- **Task details**
After finding the line containing "pub record IsLines" below, please output that line and each following one through the line containing "both_iff first second", exactly as written.

- **Provided entries**
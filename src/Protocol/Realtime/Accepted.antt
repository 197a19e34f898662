-- ===== src/Protocol/Realtime/Accepted.antt =====
-- Which client messages are accepted, described without the validators.
use p2p_transmission.Prelude.{
  ℕ, ◌≤◌, ◌<◌, ◌≡◌, refl, ap, ◌∙◌, subst, ◌↔◌, true, false, not, ◌&&◌, ltb, All, Option, none, some,
  arith, Result, ok, ◌>>◌, reject_if, map_err, >>=-eq-ok, map_err-eq-ok, ok-injective,
}
use p2p_transmission.Prelude.Text.{Text, text, byte_len, is_control, is_ascii_alphanumeric}
use p2p_transmission.Protocol.Limits.{
  Checked, invalid_json, is_line_char, max_json_frame_bytes, max_signal_bytes, validate_text,
  validate_token, validate_room_code, validate_multiline_text,
}
use p2p_transmission.Protocol.Version.{current_protocol, validate_version}
use p2p_transmission.Protocol.Control.Files.{reject_if-ok}
use p2p_transmission.Protocol.Control.Fields.{
  IsToken, IsLine, any_iff, all_iff, validate_token_iff, validate_text_iff,
}
use p2p_transmission.Protocol.Control.Accepted.{validate_version_iff}
use p2p_transmission.Protocol.Realtime.{
  Signal, offer, answer, ice_candidate, validate_sdp_mid, validate_signal, ClientRealtimeMessage,
  attach_room, watch_join_request, detach_room, signal, heartbeat, ack_event, client_version,
  validate_client_fields, validate_client, parse_client_message,
}

-- Six ASCII letters and digits.
abbrev pub IsRoomCode : Text → Type 0
IsRoomCode code = (byte_len code ≡ 6) × All (λ (c : ℕ). is_ascii_alphanumeric c ≡ true) code

validate_room_code_iff : (code : Text) → (validate_room_code code ≡ ok tt) ↔ IsRoomCode code
unfolding validate_room_code
validate_room_code_iff code = (
  λ h. (ground arith, (all_iff is_ascii_alphanumeric code).0 (ground arith)),
  λ (n, a). ground (arith, (all_iff is_ascii_alphanumeric code).1 a),
)

-- A text of 1 to `max` bytes with no control characters but line ends and tabs.
pub record IsLines (max : ℕ) (value : Text) : Type 0 where
  pub nonempty : 0 < byte_len value
  pub fits : byte_len value ≤ max
  pub printable : All (λ (c : ℕ). (is_control c && not (is_line_char c)) ≡ false) value

validate_multiline_text_iff :
    (value field : Text) (max : ℕ)
    → (validate_multiline_text value field max ≡ ok tt) ↔ IsLines max value
unfolding validate_multiline_text
validate_multiline_text_iff value field max = (
  λ h. record {
    nonempty = ground arith;
    fits = ground arith;
    printable = (any_iff (λ (c : ℕ). is_control c && not (is_line_char c)) value).0 (ground arith);
  },
  λ l. ground (
    arith,
    l.nonempty,
    l.fits,
    (any_iff (λ (c : ℕ). is_control c && not (is_line_char c)) value).1 l.printable,
  ),
)

abbrev pub IsMid : Option Text → Type 0
IsMid none = Unit
IsMid (some mid) = IsLine 256 mid

abbrev pub IsSignal : Signal → Type 0
IsSignal (offer sdp) = IsLines max_signal_bytes sdp
IsSignal (answer sdp) = IsLines max_signal_bytes sdp
IsSignal (ice_candidate candidate sdp_mid sdp_m_line_index) =
    IsLine max_signal_bytes candidate × IsMid sdp_mid

-- Two checks in a row.
both_iff :
    {P Q : Type 0} (first second : Checked)
    → ((first ≡ ok tt) ↔ P)
    → ((second ≡ ok tt) ↔ Q)
    → ((first >> second) ≡ ok tt) ↔ (P × Q)
both_iff first second p q =
    (λ h. let (_, a, b) = >>=-eq-ok first _ h in (p.0 a, q.0 b), λ (a, b). rw (p.1 a) (q.1 b))

validate_sdp_mid_iff : (mid : Option Text) → (validate_sdp_mid mid ≡ ok tt) ↔ IsMid mid
validate_sdp_mid_iff none = (λ h. tt, λ h. refl)
validate_sdp_mid_iff (some mid) = validate_text_iff mid (text "sdp_mid") 256

validate_signal_iff : (s : Signal) → (validate_signal s ≡ ok tt) ↔ IsSignal s
unfolding validate_signal
validate_signal_iff (offer sdp) = validate_multiline_text_iff sdp (text "sdp") max_signal_bytes
validate_signal_iff (answer sdp) = validate_multiline_text_iff sdp (text "sdp") max_signal_bytes
validate_signal_iff (ice_candidate candidate mid index) =
    both_iff (validate_text candidate (text "candidate") max_signal_bytes) (validate_sdp_mid mid)
      (validate_text_iff candidate (text "candidate") max_signal_bytes) (validate_sdp_mid_iff mid)

-- What each message must carry.
abbrev pub HasFields : ClientRealtimeMessage → Type 0
HasFields (attach_room version room_code peer_id last_revision) =
    IsRoomCode room_code × IsToken peer_id
HasFields (watch_join_request version room_code request_id last_revision) =
    IsRoomCode room_code × IsToken request_id
HasFields (detach_room version room_code) = IsRoomCode room_code
HasFields (signal version room_code to_peer_id negotiation_id body) =
    IsRoomCode room_code × (IsToken to_peer_id × (IsToken negotiation_id × IsSignal body))
HasFields (heartbeat version nonce) = IsToken nonce
HasFields (ack_event version event_id) = IsToken event_id

validate_client_fields_iff :
    (m : ClientRealtimeMessage) → (validate_client_fields m ≡ ok tt) ↔ HasFields m
unfolding validate_client_fields
validate_client_fields_iff (attach_room version room_code peer_id last_revision) =
    both_iff (validate_room_code room_code) (validate_token peer_id (text "peer_id"))
      (validate_room_code_iff room_code) (validate_token_iff peer_id (text "peer_id"))
validate_client_fields_iff (watch_join_request version room_code request_id last_revision) =
    both_iff (validate_room_code room_code) (validate_token request_id (text "request_id"))
      (validate_room_code_iff room_code) (validate_token_iff request_id (text "request_id"))
validate_client_fields_iff (detach_room version room_code) = validate_room_code_iff room_code
validate_client_fields_iff (signal version room_code to_peer_id negotiation_id body) =
    both_iff (validate_room_code room_code)
      (validate_token to_peer_id (text "to_peer_id")
        >> (validate_token negotiation_id (text "negotiation_id") >> validate_signal body))
      (validate_room_code_iff room_code)
      (both_iff (validate_token to_peer_id (text "to_peer_id"))
        (validate_token negotiation_id (text "negotiation_id") >> validate_signal body)
        (validate_token_iff to_peer_id (text "to_peer_id"))
        (both_iff (validate_token negotiation_id (text "negotiation_id")) (validate_signal body)
          (validate_token_iff negotiation_id (text "negotiation_id")) (validate_signal_iff body)))
validate_client_fields_iff (heartbeat version nonce) = validate_token_iff nonce (text "nonce")
validate_client_fields_iff (ack_event version event_id) =
    validate_token_iff event_id (text "event_id")

validate_client_iff :
    (m : ClientRealtimeMessage)
    → (validate_client m ≡ ok tt) ↔ ((client_version m ≡ current_protocol) × HasFields m)
unfolding validate_client
validate_client_iff m =
    both_iff (validate_version (client_version m)) (validate_client_fields m)
      (validate_version_iff (client_version m)) (validate_client_fields_iff m)

-- A text is accepted as the message `m` exactly when it has at most max_json_frame_bytes bytes, the
-- JSON reader reads `m` from it, the version of `m` is the current one, and every field of `m` that the
-- server relies on has its form: room codes of six ASCII letters and digits, tokens, and signal
-- bodies within their limits.
pub parse_client_message-HasFields :
    (from_str : Text → Result Text ClientRealtimeMessage) (input : Text) (m : ClientRealtimeMessage)
    → (parse_client_message from_str input ≡ ok m) ↔ (
        ((byte_len input ≤ max_json_frame_bytes) × (from_str input ≡ ok m))
        × ((client_version m ≡ current_protocol) × HasFields m))
unfolding parse_client_message
parse_client_message-HasFields from_str input m = (accepted, accepts)
  where
    accepted :
        parse_client_message from_str input ≡ ok m
        → ((byte_len input ≤ max_json_frame_bytes) × (from_str input ≡ ok m))
          × ((client_version m ≡ current_protocol) × HasFields m)
    accepted h =
        let (_, short, h₁) =
          >>=-eq-ok (reject_if (ltb max_json_frame_bytes (byte_len input)) _) _ h in
        let (n, read, h₂) = >>=-eq-ok (map_err invalid_json (from_str input)) _ h₁ in
        let (_, valid, h₃) = >>=-eq-ok (validate_client n) _ h₂ in
        let same_message : n ≡ m = ok-injective h₃ in
        let fits : byte_len input ≤ max_json_frame_bytes = ground (arith, reject_if-ok _ _ short) in
        (
          (fits, map_err-eq-ok invalid_json (from_str input) read ∙ ap ok same_message),
          (validate_client_iff m).0 (subst (λ x. validate_client x ≡ ok tt) same_message valid),
        )

    accepts :
        ((byte_len input ≤ max_json_frame_bytes) × (from_str input ≡ ok m))
          × ((client_version m ≡ current_protocol) × HasFields m)
        → parse_client_message from_str input ≡ ok m
    accepts ((short, read), v) =
        let fits : ltb max_json_frame_bytes (byte_len input) ≡ false = ground arith in
        rw (fits, read, (validate_client_iff m).1 v)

- **Output for this task**
pub record IsLines (max : ℕ) (value : Text) : Type 0 where
  pub nonempty : 0 < byte_len value
  pub fits : byte_len value ≤ max
  pub printable : All (λ (c : ℕ). (is_control c && not (is_line_char c)) ≡ false) value

validate_multiline_text_iff :
    (value field : Text) (max : ℕ)
    → (validate_multiline_text value field max ≡ ok tt) ↔ IsLines max value
unfolding validate_multiline_text
validate_multiline_text_iff value field max = (
  λ h. record {
    nonempty = ground arith;
    fits = ground arith;
    printable = (any_iff (λ (c : ℕ). is_control c && not (is_line_char c)) value).0 (ground arith);
  },
  λ l. ground (
    arith,
    l.nonempty,
    l.fits,
    (any_iff (λ (c : ℕ). is_control c && not (is_line_char c)) value).1 l.printable,
  ),
)

abbrev pub IsMid : Option Text → Type 0
IsMid none = Unit
IsMid (some mid) = IsLine 256 mid

abbrev pub IsSignal : Signal → Type 0
IsSignal (offer sdp) = IsLines max_signal_bytes sdp
IsSignal (answer sdp) = IsLines max_signal_bytes sdp
IsSignal (ice_candidate candidate sdp_mid sdp_m_line_index) =
    IsLine max_signal_bytes candidate × IsMid sdp_mid

-- Two checks in a row.
both_iff :
    {P Q : Type 0} (first second : Checked)
    → ((first ≡ ok tt) ↔ P)
    → ((second ≡ ok tt) ↔ Q)
    → ((first >> second) ≡ ok tt) ↔ (P × Q)
both_iff first second p q =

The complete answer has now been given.